The later Neo-Elamite period is characterized by a significant
migration of Indo-European speaking Iranians to the Iranian plateau.
Assyrian sources beginning around 800 BC distinguish the "powerful
Medes", i.e. the actual Medes, Persians, Parthians, Sagartians,
Margians, Bactrians, Sogdians etc.. Among these pressuring tribes
were the Parsu, first recorded in 844 BC as living on the southeastern
shore of Lake Urmiah, but who by the end of this period would cause
the Elamites' original home, the Iranian Plateau, to be renamed
Persia proper. These newly arrived Iranian peoples were also conquered
by Assyria, and largely regarded as vassals of the Neo-Assyrian
Empire until the late 7th century.
More
details are known from the late 8th century BC, when the Elamites
were allied with the Chaldean chieftain Merodach-baladan to defend
the cause of Babylonian independence from Assyria. Khumbanigash
(743–717 BC) supported Merodach-baladan against Sargon II,
apparently without success; while his successor, Shutruk-Nakhkhunte
II (716–699 BC), was routed by Sargon's troops during an expedition
in 710, and another Elamite defeat by Sargon's troops is recorded
for 708. The Assyrian dominion over Babylon was underlined by Sargon's
son Sennacherib, who defeated the Elamites, Chaldeans and Babylonians
and dethroned Merodach-baladan for a second time, installing his
own son Ashur-nadin-shumi on the Babylonian throne in 700.
Shutruk-Nakhkhunte
II, the last Elamite to claim the old title "king of Anshan
and Susa", was murdered by his brother Khallushu, who managed
to briefly capture the Assyrian governor of Babylonia Ashur-nadin-shumi
and the city of Babylon in 694 BC. Sennacherib soon responded by
invading and ravaging Elam.
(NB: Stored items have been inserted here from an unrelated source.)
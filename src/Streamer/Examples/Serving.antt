-- ===== src/Streamer/Examples/Serving.antt =====
-- Services that answer every call, over tables and a store in memory, and services whose Arrow library
-- refuses the events.
use fps_anticheat_data_platf.Prelude.{ℕ, true, false, String, Option, none, some, List, [], ◌∷◌}
use fps_anticheat_data_platf.Prelude.Int.{pos}
use fps_anticheat_data_platf.Prelude.Float.{fin}
use fps_anticheat_data_platf.Prelude.Result.{Result, ok, err}
use fps_anticheat_data_platf.Streamer.Bronze.{build_schema, bronze_columns}
use fps_anticheat_data_platf.Streamer.Parquet.{ParquetLibrary}
use fps_anticheat_data_platf.Streamer.Accumulator.{CompletedBatch}
use fps_anticheat_data_platf.Streamer.Storage.{Calendar, generate_bronze_path}
use fps_anticheat_data_platf.Streamer.Storage.Downloads.{not_found}
use fps_anticheat_data_platf.Streamer.Storage.Consistent.{held}
use fps_anticheat_data_platf.Streamer.Worker.Local.{WorkerServices}
use fps_anticheat_data_platf.Streamer.App.{Services}
use fps_anticheat_data_platf.Streamer.Examples.{anything, f32, good, bad, batch_of, gold_producer}
use fps_anticheat_data_platf.Streamer.Examples.Projection.{Table, tables, f64, in_order, height}

abbrev pub three : CompletedBatch
three = batch_of (good ∷ good ∷ bad ∷ []) []

abbrev pub calendar : Calendar
calendar = record {
  parse_from_rfc3339 = λ s. none;
  today = record { year = pos 2026; month = 1; day = 2 };
}

abbrev pub now : String
now = "2026-01-02T03:04:05Z"

-- the Bronze table of the one event of the batch `three` that is kept
abbrev pub bronze_of_three : Table
bronze_of_three = record { schema = build_schema; cols = bronze_columns (good ∷ []) }

-- a library that writes the number of rows, and always reads the one Bronze table
abbrev parquet : ParquetLibrary Table Table (Unit {0})
parquet = record {
  new_writer = λ b. ok b;
  write = λ w b. ok b;
  close = λ w. ok (height w.cols ∷ []);
  new_reader = λ bytes. ok tt;
  build = λ r. ok (ok bronze_of_three ∷ []);
}

abbrev pub answer_get : Option (List ℕ) → Result String (Result String (List ℕ))
answer_get none = err "not found"
answer_get (some bytes) = ok (ok bytes)

-- a store in which every object can be read once it is put
abbrev pub native : WorkerServices Table Table (Unit {0})
native = record {
  lib = tables;
  parquet = parquet;
  f64 = f64;
  iterate = in_order;
  store = record {
    get = λ log key. answer_get (held key log);
    head = λ log key. not_found;
    put_fault = λ log. none;
  };
  disk = record { fault = λ op path. none; buffered = λ path bytes. ok bytes };
  sha256_bytes = anything;
  acquire_owned = λ log. none;
  tempdir = λ log. ok "/tmp/w";
  utf8 = λ bytes. ok "{}";
  from_str = λ content. ok (some (generate_bronze_path calendar "b1" now));
  created_at = "now";
}

abbrev pub services : Services Table Table (Unit {0})
services = record {
  native = native;
  sha256 = λ text. "b1";
  rfc3339 = λ s. true;
  one = fin (pos 1);
  f32 = f32;
  calendar = calendar;
  now = now;
  processing_timestamp = "2026-01-02T03:04:06Z";
  created_at = "2026-01-02T03:04:08Z";
  manifest_json = λ m. ok (1 ∷ []);
  event_json = λ e. ok (2 ∷ []);
  send_fault = λ l. none;
  commit_fault = λ l. none;
  refuses = λ p. none;
  proc = λ l. (none, none);
  poisoned = λ l. false;
  raw_topic = "raw";
  producer = gold_producer;
}

-- the same, but Arrow refuses the events
abbrev pub refusing : Services Table Table (Unit {0})
refusing = record services {
  native = record native { lib = record tables { try_new = λ schema cols. err "schema" } };
}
Khallushu was in turn assassinated by
Kutir-Nakhkhunte, who succeeded him but soon abdicated in favor
of Khumma-Menanu III (692–689 BC). Khumma-Menanu recruited
a new army to help the Babylonians and Chaldeans against the Assyrians
at the battle of Halule in 691. Both sides claimed the victory in
their annals, but Babylon was destroyed by Sennacherib only two
years later, and its Elamite allies defeated in the process.
The
reigns of Khumma-Khaldash I (688–681 BC) and Khumma-Khaldash
II (680–675 BC) saw a deterioration of Elamite-Babylonian
relations, and both of them raided Sippar. At the beginning of Esarhaddon's
reign in Assyria (681–669 BC), Nabu-zer-kitti-lišir,
an ethnically Elamite governor in the south of Babylonia, revolted
and besieged Ur, but was routed by the Assyrians and fled to Elam
where the king of Elam, fearing Assyrian repercussions, took him
prisoner and put him to the sword.
Urtaku
(674–664 BC) for some time wisely maintained good relations
with the Assyrian king Ashurbanipal (668–627 BC), who sent
wheat to Susiana during a famine. But these friendly relations were
only temporary, and Urtaku was killed in battle during a failed
Elamite attack on Assyria.
Relief of a woman being fanned by an attendant while she
holds what may be a spinning device before a table with a bowl containing
a whole fish (700–550 BC)
His successor Tempti-Khumma-In-Shushinak (664–653 BC) attacked
Assyria, but was defeated and killed by Ashurbanipal following the
battle of the Ulaï in 653 BC; and Susa itself was sacked and
occupied by the Assyrians. In this same year the Assyrian vassal
Median state to the north fell to the invading Scythians and Cimmerians
under Madius, and displacing another Assyrian vassal people, the
Parsu (Persians) to Anshan which their king Teispes captured that
same year, turning it for the first time into an Indo-Iranian kingdom
under Assyrian dominance that would a century later become the nucleus
of the Achaemenid dynasty. The Assyrians successfully subjugated
and drove the Scythians and Cimmerians from their Iranian colonies,
and the Persians, Medes and Parthians remained vassals of Assyria.
During
a brief respite provided by the civil war between Ashurbanipal and
his own brother Shamash-shum-ukin whom their father Esarhaddon had
installed as the vassal king of Babylon, the Elamites both gave
support to Shamash-shum-ukin, and indulged in fighting among themselves,
so weakening the Elamite kingdom that in 646 BC Ashurbanipal devastated
Susiana with ease, and sacked Susa. A succession of brief reigns
continued in Elam from 651 to 640, each of them ended either due
to usurpation, or because of capture of their king by the Assyrians.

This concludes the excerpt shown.